▸ **Activity**
In the listing below, the lines starting with the line with "ReportsWindows n lookup ms = All" and going on through the line with "short ↦ rw short h" are to be reproduced exactly, and only those.

▸ **Excerpted data**
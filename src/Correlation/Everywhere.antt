-- ===== src/Correlation/Everywhere.antt =====
-- What `MatchCorrelationIDEverywhere` reports.
use interactsh_lite.Correlation.Matches.{IsReport, IsDistinct, IsDistinct-append}
use interactsh_lite.Correlation.Scan.{length-take_lt}
use interactsh_lite.Correlation.{
  Match, is_cid_base32, is_alphanumeric, min_nonce_length, matches_contain, scan_chunk, scan_chunks,
  everywhere_delimiter, match_correlation_id_everywhere,
}
use interactsh_lite.Prelude.Text.{Unicode, to_lower, fields}
use interactsh_lite.Prelude.{
  ℕ, ◌+◌, Bool, true, not, ◌&&◌, List, [], ◌∷◌, ◌++◌, Bytes, length, take, drop, ltb, ◌≡◌, refl,
  arith, inl, inr, Bool-cases, All, All-append, length-take,
}

-- The full ID is a window of the text: the ID and three alphanumeric bytes.
abbrev pub IsWindow : ℕ → Match → Type 0
IsWindow n m =
    (m.unique_id ≡ take n m.full_id)
    × (length m.full_id ≡ n + min_nonce_length)
    × (is_alphanumeric (drop n m.full_id) ≡ true)

abbrev pub ReportsWindows : ℕ → (Bytes → Bool) → List Match → Type 0
ReportsWindows n lookup ms = All (λ m. IsReport n lookup m × IsWindow n m) ms × IsDistinct ms

module _ (lookup : Bytes → Bool) (n : ℕ) where
  scan_chunk-ReportsWindows :
      (s : Bytes) (ms : List Match)
      → ReportsWindows n lookup ms
      → ReportsWindows n lookup (scan_chunk lookup n s ms)
  unfolding scan_chunk
  scan_chunk-ReportsWindows [] ms h = h
  scan_chunk-ReportsWindows (c ∷ rest) ms h =
      let window = take (n + min_nonce_length) (c ∷ rest) in
      let id = take n window in
      let m : Match = record { unique_id = id; full_id = window } in
      let valid = is_cid_base32 id && is_alphanumeric (drop n window) in
      let adds = valid && not (matches_contain ms id) && lookup id in
      elim (Bool-cases (ltb (length (c ∷ rest)) (n + min_nonce_length))) [
        | inl short ↦ rw short h
        | inr long ↦ rw long (elim (Bool-cases adds) [
          | inr e ↦ rw e (scan_chunk-ReportsWindows rest ms h)
          | inl e ↦ rw e (
              scan_chunk-ReportsWindows rest (ms ++ (m ∷ [])) (
                All-append (λ x. IsReport n lookup x × IsWindow n x) ms (m ∷ []) h.0
                    (
                      (
                        record {
                          length-id = length-take_lt n min_nonce_length (c ∷ rest) long;
                          valid = ground (arith, e);
                          registered = ground (arith, e);
                        },
                        (
                          refl,
                          ground (arith, long, length-take (n + min_nonce_length) (c ∷ rest)),
                          ground (arith, e),
                        ),
                      ),
                      tt,
                    ),
                IsDistinct-append ms m h.1 (ground (arith, e)),
              ))
        ])
      ]

  scan_chunks-ReportsWindows :
      (cs : List Bytes) (ms : List Match)
      → ReportsWindows n lookup ms
      → ReportsWindows n lookup (scan_chunks lookup n cs ms)
  scan_chunks-ReportsWindows [] ms h = h
  scan_chunks-ReportsWindows (c ∷ cs) ms h =
      scan_chunks-ReportsWindows cs (scan_chunk lookup n c ms) (scan_chunk-ReportsWindows c ms h)

-- The scan of a whole text reports registered IDs of the given length over the base-32
-- alphabet only, each once, with a window of the text as the full ID: the ID and three
-- alphanumeric bytes.
pub match_correlation_id_everywhere-ReportsWindows :
    (u : Unicode) (input : Bytes) (n : ℕ) (lookup : Bytes → Bool)
    → ReportsWindows n lookup (match_correlation_id_everywhere u input n lookup)
unfolding match_correlation_id_everywhere
match_correlation_id_everywhere-ReportsWindows u input n lookup =
    scan_chunks-ReportsWindows lookup n (fields everywhere_delimiter (to_lower u input)) [] (tt, tt)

▸ **Written reply**
ReportsWindows n lookup ms = All (λ m. IsReport n lookup m × IsWindow n m) ms × IsDistinct ms

module _ (lookup : Bytes → Bool) (n : ℕ) where
  scan_chunk-ReportsWindows :
      (s : Bytes) (ms : List Match)
      → ReportsWindows n lookup ms
      → ReportsWindows n lookup (scan_chunk lookup n s ms)
  unfolding scan_chunk
  scan_chunk-ReportsWindows [] ms h = h
  scan_chunk-ReportsWindows (c ∷ rest) ms h =
      let window = take (n + min_nonce_length) (c ∷ rest) in
      let id = take n window in
      let m : Match = record { unique_id = id; full_id = window } in
      let valid = is_cid_base32 id && is_alphanumeric (drop n window) in
      let adds = valid && not (matches_contain ms id) && lookup id in
      elim (Bool-cases (ltb (length (c ∷ rest)) (n + min_nonce_length))) [
        | inl short ↦ rw short h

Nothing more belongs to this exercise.